An unorganized area or unorganized territory () is any geographic region in Canada that does not form part of a municipality or Indian reserve. In these areas, the lowest level of government is provincial or territorial.  In some of these areas, local service agencies may have some of the responsibilities that would otherwise be covered by municipalities.

British Columbia
Most regional districts in British Columbia include some electoral areas, which are unincorporated areas that do not have their own municipal government, but residents of such areas still receive a form of local government by electing representatives to their regional district boards.

The Stikine Region in the province's far northwest is the only part of British Columbia not in a regional district, because of its low population and the lack of any incorporated municipalities.
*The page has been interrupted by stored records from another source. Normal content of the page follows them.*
-- ===== src/Lifecycle/Examples.antt =====
-- Concrete histories of the run lifecycle.
use cortxt.Prelude.{
  ℕ, suc, ◌≤◌, String, true, false, ◌≡◌, refl, ◌⊎◌, inl, inr, none, some, List, [], ◌∷◌, ◌==◌,
  Bool-cases, arith,
}
use cortxt.Value.{
  Value, str, null, obj, end, arr, nil, get, has, has_all, keys_within, lookup, same_keys,
}
use cortxt.Mandate.Samples.{whole, run_call}
use cortxt.Mandate.Check.{Services}
use cortxt.Mandate.Timestamp.{parse_utc}
use cortxt.Mandate.Verify.{
  verify_mandate, verify_fields, authenticate, identify, consume_nonce, authorize, check_scope,
  debit_budget,
}
use cortxt.Mandate.Verify as Verify
use cortxt.Mandate.Envelope.{
  schema_hashable, schema_known, known_issuer, known_kid, signature_valid, tool_allowed,
  data_class_order, max_rank, max_runtime, runtime_within, cap_overflows, budget_cap, issue_matches,
  fingerprint_matches,
}
use cortxt.Lifecycle.Context.{build_call_context}
use cortxt.Lifecycle.Gate.{Response, answered, call_tool}
use cortxt.Lifecycle.Gate.Granted.{IsBound, call_tool-IsBound}
use cortxt.Lifecycle.Schema.{
  plain, string, tool_schema, run_create, property_of, valid_value, valid_values, validate_schema,
  matches_issue_ref, matches_run_id,
}
use cortxt.Lifecycle.Schema.Types.{IsTyped, validate_schema-IsTyped}
use cortxt.Lifecycle.Runs.{
  Session, find_run, find_review_submission, last_run_status, last_engine_turn, first_of,
  holds_claim, active_run_for_issue, run_identity,
}
use cortxt.Lifecycle.Envelope.{
  Envelope, result_status, shown_status, safe_cost, envelope, envelope_of, review_envelope,
}
use cortxt.Lifecycle.Turns.{Call, Service, Worker, append_event}
use cortxt.Lifecycle.Service.{done, check_binding, create_guard, start_run, create_run}
use cortxt.Lifecycle.Resume.{worker_turn, resumable, arguments_guard, resume_run}
use cortxt.Lifecycle.Resume.Calls.{resumable_lem, IsResumed, resume_run-calls}
use cortxt.Lifecycle.Resume.Status.{IsNamed}
use cortxt.Lifecycle.Resume.Engine.{IsCallOf}
use cortxt.Lifecycle.Review.{
  submit_guard, payload_digest, submission, submit_checked, submit_found, submit_for_review,
  dict_at,
}
use cortxt.Lifecycle.History.{Step, creating, working, resuming, run}
use cortxt.Lifecycle.History.Growth.{Grown, run-Grown}
use cortxt.Lifecycle.History.Claims.{claims}
use cortxt.Lifecycle.History.Release.{AllSound, IsExclusive, run-IsExclusive}
use cortxt.Lifecycle.History.Idempotency.{submit_for_review-again, submit_for_review-one_result}
use cortxt.Lifecycle.History.Finish.{worker_turn-released}
use cortxt.Lifecycle.Samples.{
  mandate, floats, run_id, to_create, binding, to_submit, to_resume, turned_out, world, blocked_run,
  with_run, without_runs,
}

create_valid : validate_schema whole floats run_create to_create ≡ true
unfolding validate_schema valid_values valid_value property_of keys_within has_all has lookup
create_valid = refl

profile_known : property_of "profile" (tool_schema run_create).properties ≡ some (plain string)
unfolding property_of
profile_known = refl

validate_schema-IsTyped_example :
    (v : Value ℕ) × (lookup "profile" to_create ≡ some v) × IsTyped whole floats (plain string) v
validate_schema-IsTyped_example =
    validate_schema-IsTyped whole floats run_create to_create "profile" (plain string) create_valid
      profile_known refl

-- another run of another id, then its worker's turn, and a resumption
abbrev other : String
other = "20260102T000000Z_0123abcd"

abbrev steps : List (Step ℕ)
steps =
    creating to_create binding (world other "failed")
    ∷ working 0 (world other "failed") true
    ∷ resuming to_resume binding (world other "failed")
    ∷ []

run-Grown_example : Grown with_run.sessions (run whole floats steps with_run).sessions
run-Grown_example = run-Grown whole floats steps with_run

sound : AllSound whole floats steps with_run
unfolding lookup
sound = (refl, (refl, (refl, tt)))

one_run : IsExclusive with_run.sessions
unfolding claims holds_claim last_run_status has get lookup
one_run issue = elim (Bool-cases ("o/r#1" == issue)) [
  | inl same ↦ rw same (omega arith)
  | inr differs ↦ rw differs (omega arith)
]

run-IsExclusive_example : claims "o/r#1" (run whole floats steps with_run).sessions ≤ 1
run-IsExclusive_example = run-IsExclusive whole floats steps with_run sound one_run "o/r#1"

-- the envelope of a submission with the fresh id "rs-1"
abbrev submission_envelope : Envelope ℕ
submission_envelope =
    review_envelope whole floats (run_identity whole blocked_run) (str "rs-1") (str "noon") "later"

submitted_once :
    (submit_for_review whole floats to_submit binding (world "r" "failed") with_run).0
    ≡ done submission_envelope
unfolding submit_for_review validate_schema valid_values valid_value property_of keys_within has_all
    has lookup get arguments_guard matches_issue_ref matches_run_id check_binding find_run
    submit_found run_identity submit_guard result_status submit_checked find_review_submission
    payload_digest
submitted_once = refl

-- the sessions after that, and after the steps
abbrev later : Service ℕ
later =
    run whole floats steps
      (submit_for_review whole floats to_submit binding (world "r" "failed") with_run).1

submit_for_review-again_example :
    (e : Envelope ℕ) × (submit_for_review whole floats to_submit binding (world "s" "failed") later
      ≡ (done e, later))
    × (e.review ≡ submission_envelope.review)
unfolding get
submit_for_review-again_example =
    submit_for_review-again whole floats to_submit binding (world "r" "failed") (world "s" "failed")
      with_run steps submission_envelope submitted_once (refl, (tt, (tt, tt)))

submitted_twice :
    (submit_for_review whole floats to_submit binding
      (world "s" "failed")
      (submit_for_review whole floats to_submit binding (world "r" "failed") with_run).1).0
    ≡ done submission_envelope
unfolding submit_for_review validate_schema valid_values valid_value property_of keys_within has_all
    has lookup get arguments_guard matches_issue_ref matches_run_id check_binding find_run
    submit_found run_identity submit_guard result_status submit_checked find_review_submission
    payload_digest append_event submission last_run_status last_engine_turn first_of review_envelope
submitted_twice = refl

submit_for_review-one_result_example :
    (payload_digest whole floats (dict_at whole floats to_submit "result")
      ≡ payload_digest whole floats (dict_at whole floats to_submit "result"))
    × (submission_envelope.review ≡ submission_envelope.review)
unfolding run submit_for_review
submit_for_review-one_result_example =
    submit_for_review-one_result whole floats to_submit binding to_submit binding
      (world "r" "failed") (world "s" "failed") with_run [] submission_envelope submission_envelope
      submitted_once tt refl refl submitted_twice

resumable_lem_example : resumable whole floats (str "review_submitted") ≡ some true
resumable_lem_example = resumable_lem whole floats "review_submitted"

resume_run-calls_example :
    ((resume_run whole floats to_resume binding (world other "failed") with_run).1.calls ≡ [])
    ⊎ ((s : Session ℕ) × (find_run with_run.sessions run_id ≡ some s)
        × IsNamed with_run.sessions run_id s
        × IsResumed whole floats to_resume s
        × (call : Call ℕ) × ((resume_run whole floats to_resume binding
              (world other "failed")
              with_run).1.calls
            ≡ call ∷ [])
        × IsCallOf whole floats to_resume s call)
unfolding get lookup
resume_run-calls_example =
    resume_run-calls whole floats to_resume binding (world other "failed") with_run

abbrev created_envelope : Envelope ℕ
created_envelope = record {
  issue_id = str "o/r#1";
  run_id = str run_id;
  status = "running";
  runtime = str "hermes/v0.1";
  worker_role = str "builder";
  started_at = str "noon";
  finished_at = null;
  model = null;
  usage = obj end;
  cost = 0;
  cost_currency = "USD";
  cost_status = str "unknown";
  artifacts = [];
  evidence = arr nil;
  error = null;
  session_id = null;
  review = none;
}

created :
    (create_run whole floats to_create binding (world run_id "failed") without_runs).0
    ≡ done created_envelope
unfolding create_run create_guard validate_schema valid_values valid_value property_of keys_within
    has_all has lookup get matches_issue_ref check_binding active_run_for_issue start_run envelope
    safe_cost envelope_of shown_status
created = refl

worker_turn-released_example :
    (worker : Worker ℕ) × ((create_run whole floats to_create binding
        (world run_id "failed")
        without_runs).1.workers
      ≡ worker ∷ [])
    × (s : Session ℕ) × (find_run
          (worker_turn whole floats worker (world other "failed") true (turned_out "succeeded") (
            run whole floats
              (working 0 (world other "failed") true ∷ [])
              (create_run whole floats to_create binding
                (world run_id "failed")
                without_runs).1)).sessions
          run_id
        ≡ some s)
    × (holds_claim s ≡ some false)
unfolding lookup
worker_turn-released_example =
    worker_turn-released whole floats to_create binding (world run_id "failed")
      (world other "failed") without_runs created_envelope
      (working 0 (world other "failed") true ∷ []) (turned_out "succeeded") created (tt, tt) refl

-- stores that clear every key and every nonce, and count the debits
abbrev services : Services ℕ ℕ
services = record {
  is_revoked = λ granted_by kid now s. (some false, s);
  check_and_consume = λ nonce s. (some true, s);
  record_and_check = λ mandate_id cost cap s. (some true, suc s);
}

-- a creation under a mandate
abbrev called : Response ℕ × Service ℕ × ℕ
called =
    call_tool whole floats services run_create true to_create (obj mandate) run_call
      (world run_id "failed") without_runs 0

call_tool-IsBound_example :
    (called.1 ≡ without_runs)
    ⊎ ((true ≡ true)
        × IsBound whole floats services run_create to_create
            (obj mandate)
            run_call
            without_runs
            0
            called.2)
call_tool-IsBound_example =
    call_tool-IsBound whole floats services run_create true to_create (obj mandate) run_call
      (world run_id "failed") without_runs 0

called_lem : called.0 ≡ answered (done created_envelope)
unfolding call_tool build_call_context validate_schema valid_values valid_value property_of
    keys_within has_all has lookup get matches_issue_ref verify_mandate verify_fields authenticate
    identify consume_nonce authorize check_scope debit_budget Verify.check_binding schema_hashable
    schema_known known_issuer known_kid signature_valid tool_allowed data_class_order max_rank
    max_runtime runtime_within cap_overflows budget_cap issue_matches fingerprint_matches parse_utc
    same_keys create_run create_guard check_binding active_run_for_issue start_run envelope
    safe_cost envelope_of shown_status
called_lem = refl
The Stikine Region—not to be confused with the Stikine Country or the Kitimat-Stikine Regional District—provides services and regulatory capacities in the same way as regional districts, however, but is managed directly by the provincial government instead of by a regional district board.

Ontario
In Ontario, unorganized areas are found only in the Northern Ontario region, inclusive of the Parry Sound District, the parts of the province where there is no county or regional municipality level of government. Some communities within unorganized areas may have some municipal services administered by local services boards.

Unorganized areas in Ontario are named only by the district of which they are a part, with a geographic qualifier added when a single district contains more than one such area. Three of the province's unorganized areas had no reported population in the Canada 2006 Census; they are marked with †daggers.

 Algoma, UNO, North Part
 †Algoma, UNO, South East Part
 Cochrane, UNO, North Part
 Cochrane, UNO, South East Part
 †Cochrane, UNO, South West Part
 Kenora, UNO
 Manitoulin, UNO, Mainland
 Manitoulin, UNO, West Part
 Nipissing, UNO, North Part
 Nipissing, UNO, South Part
 Parry Sound, UNO, Centre Part
 Parry Sound, UNO, North East Part
 Rainy River, UNO
 Sudbury, UNO, North Part
 Thunder Bay, UNO
 †Timiskaming, UNO, East Part
 Timiskaming, UNO, West Part

Quebec

Unorganized territories (territoires non organisés) in Quebec are located within regional county municipalities. They are usually named for a geographic feature within the unincorporated area.

Manitoba

In Manitoba, territories not part of rural municipalities, urban municipalities (city, town, or village), local government districts, or Indian reserves are classified as "Unorganized". These cover 67.4% of the total area of the province of Manitoba, with Unorganized Division No. 23 constituting more than half of the entire unorganized area of the province. The unorganized areas of Manitoba are labeled to and referred as with the Census division number they are located in, even though census divisions do not serve any administrative purpose.